Just the other day, I did a follow up session with Patricia.  She is from China and wanting to live off of just trading. She has impressed me as she had very little experience in this market before she took my Price Action Course.  But since she has taken the course, she has been one of the most diligent students, working very hard at every aspect needed to be a successful trader.
Every month, she emails me all her reports and has worked on them to absolute perfection. Below is a screenshot of her first month of live trading.

This is contrary to many students who when I do the follow up session with them, and ask for their reports, I get the ‘yeah, I never filled those out’.  This tells me how serious they are (or are not) about trading.

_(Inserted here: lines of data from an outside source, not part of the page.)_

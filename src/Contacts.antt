-- ===== src/Contacts.antt =====
-- crates/core/src/storage/contacts.rs and crates/core/src/contact/card.rs: the contacts, their onion
-- addresses and their cards. The unique indices are on the identity of a contact and on (contact_id,
-- version) of a card; a contact that is deleted takes its addresses and cards with it. CBOR and the
-- signature are parameters. The lists for the interfaces, which sort by name, are not modelled.
pub mod Cards
pub mod Versions
pub mod Once
pub mod Tests
use Prim.Native.Nat.{◌^◌}
use skattr.Base.{
  ℕ, suc, ◌+◌, Bool, true, false, not, ◌&&◌, List, [], ◌∷◌, ◌++◌, Option, none, some, Bytes, length,
  ltb, leb, ◌==◌, if◌then◌else◌, same, select, order_by,
}
use skattr.Base.Results.{Result, ok, err, ◌>>=◌}
use skattr.Base.Int.{ℤ, pos, pos_part, neg_part}
use skattr.Wire.{Serde}
use skattr.Envelope.{ContactCardBody, ContactCard}

pub record ContactRow : Type 0 where
  pub id : ℕ
  pub identity : Bytes
  pub display_name : Option Bytes
  pub added_at : ℕ
  pub group_id : Bytes
  pub hidden : Bool
  pub muted : Bool

pub record OnionRow : Type 0 where
  pub contact_id : ℕ
  pub address : Bytes
  pub seen_at : ℕ
  pub is_current : Bool

-- `verified_at` is not read.
pub record CardRow : Type 0 where
  pub contact_id : ℕ
  pub version : ℕ
  pub card_blob : Bytes

pub record Contacts : Type 0 where
  pub rows : List ContactRow
  pub last_id : ℕ
  pub onions : List OnionRow
  pub cards : List CardRow

pub data ContactError : Type 0 where
  not_found version_overflow encode_failed decode_failed stale_version : ContactError
  expired bad_signature no_such_contact : ContactError

-- `WHERE identity_pubkey = ?`
abbrev pub is_identity : Bytes → ContactRow → Bool
is_identity identity r = same r.identity identity

abbrev pub first_row {ℓ} : {A : Type ℓ} → List A → Option A
first_row [] = none
first_row (r ∷ _) = some r

unfoldable pub find : Contacts → Bytes → Option ContactRow
find t identity = first_row (select (is_identity identity) t.rows)

-- `UPDATE contacts … WHERE p`
unfoldable pub update_where :
    (ContactRow → Bool) → (ContactRow → ContactRow) → List ContactRow → List ContactRow
update_where p f [] = []
update_where p f (r ∷ rows) = (if p r then f r else r) ∷ update_where p f rows

abbrev pub update : Bytes → (ContactRow → ContactRow) → Contacts → Contacts
update identity f t = record t { rows = update_where (is_identity identity) f t.rows }

-- The same, where no row is an error.
abbrev pub update_found :
    Bytes → (ContactRow → ContactRow) → Contacts → Result ContactError Contacts
update_found identity f t =
    if length (select (is_identity identity) t.rows) == 0
    then err not_found
    else ok (update identity f t)

abbrev pub rename : Option Bytes → ContactRow → ContactRow
rename name r = record r { display_name = name; hidden = false }

-- A contact that exists gets the name, and is shown again.
unfoldable pub upsert : Contacts → (identity : Bytes) → Option Bytes → ℕ → Contacts
upsert t identity name added_at =
    if length (select (is_identity identity) t.rows) == 0
    then record t {
      rows =
          t.rows
          ++ (record {
            id = suc t.last_id;
            identity = identity;
            display_name = name;
            added_at = added_at;
            group_id = [];
            hidden = false;
            muted = false;
          }
              ∷ []);
      last_id = suc t.last_id;
    }
    else update identity (rename name) t

unfoldable pub remove : Contacts → Bytes → Contacts
unfolding find
remove t identity = elim (find t identity) [
  | none ↦ t
  | some c ↦ record t {
    rows = select (λ r. not (is_identity identity r)) t.rows;
    onions = select (λ o. not (o.contact_id == c.id)) t.onions;
    cards = select (λ k. not (k.contact_id == c.id)) t.cards;
  }
]

-- Without the contact, the insertion fails: `contact_id` is not null.
unfoldable pub add_onion : Contacts → Bytes → Bytes → ℕ → Result ContactError Contacts
unfolding find
add_onion t identity address seen_at = elim (find t identity) [
  | none ↦ err no_such_contact
  | some c ↦ ok (record t {
    onions =
        t.onions
        ++ (record { contact_id = c.id; address = address; seen_at = seen_at; is_current = true }
            ∷ []);
  })
]

abbrev pub is_of : ℕ → OnionRow → Bool
is_of id o = o.contact_id == id

-- The two UPDATEs: of the contact's addresses, this one is current.
unfoldable pub mark_onions : ℕ → Bytes → List OnionRow → List OnionRow
mark_onions id address [] = []
mark_onions id address (o ∷ onions) =
    (if is_of id o then record o { is_current = same o.address address } else o)
    ∷ mark_onions id address onions

unfoldable pub mark_current : Contacts → Bytes → Bytes → Contacts
unfolding find mark_onions
mark_current t identity address = elim (find t identity) [
  | none ↦ t
  | some c ↦ record t { onions = mark_onions c.id address t.onions }
]

-- `ORDER BY seen_at DESC`
abbrev pub seen_later : OnionRow → OnionRow → Bool
seen_later a b = leb b.seen_at a.seen_at

unfoldable pub current_onion : Contacts → Bytes → Option Bytes
unfolding find
current_onion t identity = elim (find t identity) [
  | none ↦ none
  | some c ↦
      elim (first_row (order_by seen_later (select (λ o. is_of c.id o && o.is_current) t.onions))) [
        | none ↦ none
        | some o ↦ some o.address
      ]
]

unfoldable pub set_group_id : Contacts → Bytes → Bytes → Result ContactError Contacts
set_group_id t identity group_id = update_found identity (λ r. record r { group_id = group_id }) t

unfoldable pub set_display_name : Contacts → Bytes → Option Bytes → Result ContactError Contacts
set_display_name t identity name = update_found identity (λ r. record r { display_name = name }) t

unfoldable pub set_hidden : Contacts → Bytes → Bool → Result ContactError Contacts
set_hidden t identity hidden = update_found identity (λ r. record r { hidden = hidden }) t

unfoldable pub set_muted : Contacts → Bytes → Bool → Contacts
set_muted t identity muted = update identity (λ r. record r { muted = muted }) t

unfoldable pub is_muted : Contacts → Bytes → Bool
unfolding find
is_muted t identity = elim (find t identity) [ none ↦ false | some c ↦ c.muted ]

unfoldable pub get_group_id : Contacts → Bytes → Option Bytes
unfolding find
get_group_id t identity = elim (find t identity) [ none ↦ none | some c ↦ some c.group_id ]

-- Identities have 32 bytes.
unfoldable pub contact_for_group : Contacts → Bytes → Option Bytes
contact_for_group t group_id = elim (first_row (select (λ r. same r.group_id group_id) t.rows)) [
  | none ↦ none
  | some c ↦ some c.identity
]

To be a professional at anything, there is no cutting corners.  There is no ‘Ill skip practice, or doing free throws, or working on my conditioning for some other day‘.  The path of being a professional is not about skipping anything or putting things off till tomorrow. What you do today either moves your forward, backward, or keeps you treading water, and treading water is really going backwards.
Patricia has discipline, diligence and the right mindset towards trading, and I expect her to be successful at this in a short period of time.  In fact, after a few months of study, she just went live and did quite well as you saw from the image above.  6 trades, 4 profitable, largest winner was over 3x larger than her biggest loser and +307pips of profit.  Not bad for her first month of live trading.
She only wants to trade on the daily time frames so she is not active, but she is effective, and my guess is many of you would be happy with +307pips of profit in November, especially considering how crazy it was, along with a holiday week, so less trading.
Maybe trading off the daily chart is for you – fine.  No problem. The key is to find out what works best for you, what kind of lifestyle you want to live and what is most natural to your mentality.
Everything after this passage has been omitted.